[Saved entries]

--- --- ---

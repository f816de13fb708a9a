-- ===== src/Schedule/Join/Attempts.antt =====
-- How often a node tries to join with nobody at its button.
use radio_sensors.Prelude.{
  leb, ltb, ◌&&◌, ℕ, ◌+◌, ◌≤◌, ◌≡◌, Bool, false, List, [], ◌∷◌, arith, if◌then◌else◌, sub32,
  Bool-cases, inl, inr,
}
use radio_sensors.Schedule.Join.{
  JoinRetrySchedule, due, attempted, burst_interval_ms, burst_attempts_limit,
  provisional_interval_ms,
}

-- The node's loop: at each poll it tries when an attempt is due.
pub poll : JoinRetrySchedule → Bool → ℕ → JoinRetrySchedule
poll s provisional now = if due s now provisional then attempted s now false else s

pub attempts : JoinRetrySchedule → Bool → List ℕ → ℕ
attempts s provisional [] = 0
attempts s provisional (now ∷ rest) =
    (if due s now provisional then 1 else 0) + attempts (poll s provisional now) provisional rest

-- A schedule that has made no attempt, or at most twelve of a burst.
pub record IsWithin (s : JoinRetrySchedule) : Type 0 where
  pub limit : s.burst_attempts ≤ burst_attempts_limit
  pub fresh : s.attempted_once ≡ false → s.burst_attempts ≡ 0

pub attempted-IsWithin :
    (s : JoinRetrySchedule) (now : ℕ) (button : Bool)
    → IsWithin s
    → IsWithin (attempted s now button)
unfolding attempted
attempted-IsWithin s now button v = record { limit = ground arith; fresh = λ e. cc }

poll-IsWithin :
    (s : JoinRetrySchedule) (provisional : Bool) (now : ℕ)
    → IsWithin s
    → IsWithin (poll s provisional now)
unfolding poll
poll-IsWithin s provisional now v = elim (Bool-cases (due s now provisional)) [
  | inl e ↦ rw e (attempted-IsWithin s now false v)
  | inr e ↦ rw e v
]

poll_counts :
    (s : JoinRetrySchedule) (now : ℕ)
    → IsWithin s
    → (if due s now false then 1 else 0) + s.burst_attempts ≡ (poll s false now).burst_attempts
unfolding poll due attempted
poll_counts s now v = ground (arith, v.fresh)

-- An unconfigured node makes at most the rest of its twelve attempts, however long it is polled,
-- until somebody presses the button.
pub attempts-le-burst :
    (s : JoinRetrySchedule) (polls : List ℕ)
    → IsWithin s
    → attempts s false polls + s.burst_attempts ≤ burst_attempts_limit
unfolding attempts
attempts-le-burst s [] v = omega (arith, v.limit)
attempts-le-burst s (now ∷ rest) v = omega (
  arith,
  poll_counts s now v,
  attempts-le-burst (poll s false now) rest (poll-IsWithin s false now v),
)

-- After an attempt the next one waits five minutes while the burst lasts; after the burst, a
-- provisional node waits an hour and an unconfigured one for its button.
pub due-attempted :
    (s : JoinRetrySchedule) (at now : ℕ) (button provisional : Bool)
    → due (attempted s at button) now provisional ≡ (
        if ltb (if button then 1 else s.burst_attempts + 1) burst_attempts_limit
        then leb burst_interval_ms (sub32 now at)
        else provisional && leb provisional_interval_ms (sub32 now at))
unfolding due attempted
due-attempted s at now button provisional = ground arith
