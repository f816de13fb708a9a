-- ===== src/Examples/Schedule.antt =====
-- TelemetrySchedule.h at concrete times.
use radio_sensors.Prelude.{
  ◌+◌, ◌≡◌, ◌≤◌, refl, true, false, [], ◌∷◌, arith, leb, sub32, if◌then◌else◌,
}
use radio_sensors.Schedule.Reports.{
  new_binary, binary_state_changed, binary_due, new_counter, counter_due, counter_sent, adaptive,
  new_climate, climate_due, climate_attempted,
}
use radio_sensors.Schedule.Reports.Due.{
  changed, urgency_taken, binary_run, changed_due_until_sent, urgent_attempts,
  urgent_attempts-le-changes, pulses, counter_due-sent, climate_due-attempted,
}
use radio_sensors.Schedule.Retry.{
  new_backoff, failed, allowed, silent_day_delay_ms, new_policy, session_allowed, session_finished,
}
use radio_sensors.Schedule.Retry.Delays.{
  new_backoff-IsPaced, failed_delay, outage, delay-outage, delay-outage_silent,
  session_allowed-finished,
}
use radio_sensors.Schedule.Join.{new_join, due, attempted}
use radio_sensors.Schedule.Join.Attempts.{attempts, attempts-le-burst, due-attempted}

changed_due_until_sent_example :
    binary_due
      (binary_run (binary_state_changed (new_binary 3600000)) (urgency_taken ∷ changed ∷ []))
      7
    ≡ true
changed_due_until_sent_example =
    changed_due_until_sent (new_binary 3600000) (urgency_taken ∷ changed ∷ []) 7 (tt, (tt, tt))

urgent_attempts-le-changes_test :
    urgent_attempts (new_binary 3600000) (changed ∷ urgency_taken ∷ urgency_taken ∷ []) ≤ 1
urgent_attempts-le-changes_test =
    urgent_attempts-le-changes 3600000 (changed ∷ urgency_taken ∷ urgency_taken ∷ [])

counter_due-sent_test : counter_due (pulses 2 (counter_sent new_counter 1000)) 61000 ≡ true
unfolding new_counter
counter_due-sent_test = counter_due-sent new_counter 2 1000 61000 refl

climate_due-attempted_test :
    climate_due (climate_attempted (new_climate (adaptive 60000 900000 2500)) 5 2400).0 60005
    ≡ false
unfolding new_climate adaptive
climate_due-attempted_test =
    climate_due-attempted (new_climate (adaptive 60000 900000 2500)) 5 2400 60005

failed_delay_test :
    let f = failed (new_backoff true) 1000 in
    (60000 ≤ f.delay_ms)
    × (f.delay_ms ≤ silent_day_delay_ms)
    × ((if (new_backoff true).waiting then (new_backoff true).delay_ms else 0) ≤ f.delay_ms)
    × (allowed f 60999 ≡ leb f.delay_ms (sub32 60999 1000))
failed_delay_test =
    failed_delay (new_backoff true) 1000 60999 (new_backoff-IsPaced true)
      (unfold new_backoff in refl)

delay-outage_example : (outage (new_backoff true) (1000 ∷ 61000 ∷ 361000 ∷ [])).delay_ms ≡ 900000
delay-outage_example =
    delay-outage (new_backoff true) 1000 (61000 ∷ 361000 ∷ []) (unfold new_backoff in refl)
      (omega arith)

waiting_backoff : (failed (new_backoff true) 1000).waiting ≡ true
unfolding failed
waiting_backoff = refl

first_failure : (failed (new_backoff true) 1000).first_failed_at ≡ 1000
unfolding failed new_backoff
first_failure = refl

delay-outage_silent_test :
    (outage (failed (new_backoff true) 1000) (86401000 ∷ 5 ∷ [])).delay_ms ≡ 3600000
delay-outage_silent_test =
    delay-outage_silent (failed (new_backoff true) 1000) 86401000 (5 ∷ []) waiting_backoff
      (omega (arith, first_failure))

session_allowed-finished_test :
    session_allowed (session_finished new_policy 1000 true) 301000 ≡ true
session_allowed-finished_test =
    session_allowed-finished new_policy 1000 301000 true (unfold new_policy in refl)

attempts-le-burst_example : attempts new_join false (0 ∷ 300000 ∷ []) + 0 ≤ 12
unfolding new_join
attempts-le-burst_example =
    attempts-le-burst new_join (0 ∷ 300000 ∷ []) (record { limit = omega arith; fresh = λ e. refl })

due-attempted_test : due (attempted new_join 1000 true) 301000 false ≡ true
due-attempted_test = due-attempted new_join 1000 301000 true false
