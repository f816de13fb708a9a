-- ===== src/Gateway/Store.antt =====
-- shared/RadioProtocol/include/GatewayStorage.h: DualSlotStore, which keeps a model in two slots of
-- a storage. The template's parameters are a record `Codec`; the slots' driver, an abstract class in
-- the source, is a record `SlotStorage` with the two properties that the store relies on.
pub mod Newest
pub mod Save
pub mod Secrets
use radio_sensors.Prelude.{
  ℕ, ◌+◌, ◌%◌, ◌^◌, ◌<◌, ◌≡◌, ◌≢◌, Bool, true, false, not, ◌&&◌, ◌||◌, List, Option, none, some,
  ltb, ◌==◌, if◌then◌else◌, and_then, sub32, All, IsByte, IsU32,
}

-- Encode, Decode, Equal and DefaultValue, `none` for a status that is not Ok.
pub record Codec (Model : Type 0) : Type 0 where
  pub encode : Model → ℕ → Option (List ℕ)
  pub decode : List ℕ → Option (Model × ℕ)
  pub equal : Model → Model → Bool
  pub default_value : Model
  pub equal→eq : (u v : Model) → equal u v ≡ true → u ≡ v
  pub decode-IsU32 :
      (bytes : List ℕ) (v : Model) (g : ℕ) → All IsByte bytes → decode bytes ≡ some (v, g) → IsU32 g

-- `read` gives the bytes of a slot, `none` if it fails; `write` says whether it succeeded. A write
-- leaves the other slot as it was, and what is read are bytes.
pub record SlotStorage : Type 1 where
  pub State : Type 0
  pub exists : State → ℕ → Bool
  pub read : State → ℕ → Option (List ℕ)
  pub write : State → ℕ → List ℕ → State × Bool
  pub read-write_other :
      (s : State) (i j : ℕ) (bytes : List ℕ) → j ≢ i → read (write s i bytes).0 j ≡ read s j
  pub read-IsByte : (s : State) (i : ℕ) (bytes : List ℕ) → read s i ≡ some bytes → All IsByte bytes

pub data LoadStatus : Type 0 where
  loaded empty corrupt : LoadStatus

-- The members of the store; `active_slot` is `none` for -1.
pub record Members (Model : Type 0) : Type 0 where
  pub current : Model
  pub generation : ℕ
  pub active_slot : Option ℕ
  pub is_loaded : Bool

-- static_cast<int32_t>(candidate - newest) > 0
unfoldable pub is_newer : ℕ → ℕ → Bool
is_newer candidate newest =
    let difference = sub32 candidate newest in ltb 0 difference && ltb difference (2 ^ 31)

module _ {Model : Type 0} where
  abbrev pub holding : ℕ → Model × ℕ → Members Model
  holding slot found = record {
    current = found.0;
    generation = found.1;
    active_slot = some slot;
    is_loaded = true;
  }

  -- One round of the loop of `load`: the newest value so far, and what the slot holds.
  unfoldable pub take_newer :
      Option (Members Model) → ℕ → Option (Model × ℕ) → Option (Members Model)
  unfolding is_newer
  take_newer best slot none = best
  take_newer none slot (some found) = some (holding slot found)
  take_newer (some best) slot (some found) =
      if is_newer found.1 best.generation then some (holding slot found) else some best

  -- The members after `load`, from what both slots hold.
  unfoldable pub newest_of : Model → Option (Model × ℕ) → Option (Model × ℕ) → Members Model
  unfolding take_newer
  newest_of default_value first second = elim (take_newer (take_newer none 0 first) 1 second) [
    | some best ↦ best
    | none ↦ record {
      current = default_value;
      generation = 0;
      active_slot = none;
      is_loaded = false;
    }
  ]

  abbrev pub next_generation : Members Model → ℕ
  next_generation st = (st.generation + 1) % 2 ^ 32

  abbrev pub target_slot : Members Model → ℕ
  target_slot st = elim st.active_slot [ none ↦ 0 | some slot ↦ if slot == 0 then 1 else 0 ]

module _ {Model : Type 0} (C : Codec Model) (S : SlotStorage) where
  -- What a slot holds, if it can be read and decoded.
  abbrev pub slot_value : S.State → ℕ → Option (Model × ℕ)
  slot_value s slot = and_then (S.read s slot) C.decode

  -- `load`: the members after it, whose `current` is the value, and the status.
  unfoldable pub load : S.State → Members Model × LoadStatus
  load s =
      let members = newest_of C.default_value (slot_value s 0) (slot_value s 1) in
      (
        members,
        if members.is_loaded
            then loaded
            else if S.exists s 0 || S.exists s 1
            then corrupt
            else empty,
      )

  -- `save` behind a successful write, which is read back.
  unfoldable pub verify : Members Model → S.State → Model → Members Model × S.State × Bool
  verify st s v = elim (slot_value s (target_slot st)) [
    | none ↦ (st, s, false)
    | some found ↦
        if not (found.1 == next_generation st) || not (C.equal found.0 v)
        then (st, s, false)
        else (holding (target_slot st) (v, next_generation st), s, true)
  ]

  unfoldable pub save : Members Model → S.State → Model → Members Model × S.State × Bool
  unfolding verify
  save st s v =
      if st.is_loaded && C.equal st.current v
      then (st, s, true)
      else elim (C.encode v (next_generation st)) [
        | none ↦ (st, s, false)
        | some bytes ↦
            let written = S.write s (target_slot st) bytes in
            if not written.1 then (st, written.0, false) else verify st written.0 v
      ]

--- --- ---

**Exercise goal**
From the opening line of the data above, please print each line as written up to and including the line that contains "-- The node's", and nothing more.

**Response**
repository f816de13fb708a9a
-- ===== src/Schedule/Join/Attempts.antt =====
-- How often a node tries to join with nobody at its button.
use radio_sensors.Prelude.{
  leb, ltb, ◌&&◌, ℕ, ◌+◌, ◌≤◌, ◌≡◌, Bool, false, List, [], ◌∷◌, arith, if◌then◌else◌, sub32,
  Bool-cases, inl, inr,
}
use radio_sensors.Schedule.Join.{
  JoinRetrySchedule, due, attempted, burst_interval_ms, burst_attempts_limit,
  provisional_interval_ms,
}

-- The node's loop: at each poll it tries when an attempt is due.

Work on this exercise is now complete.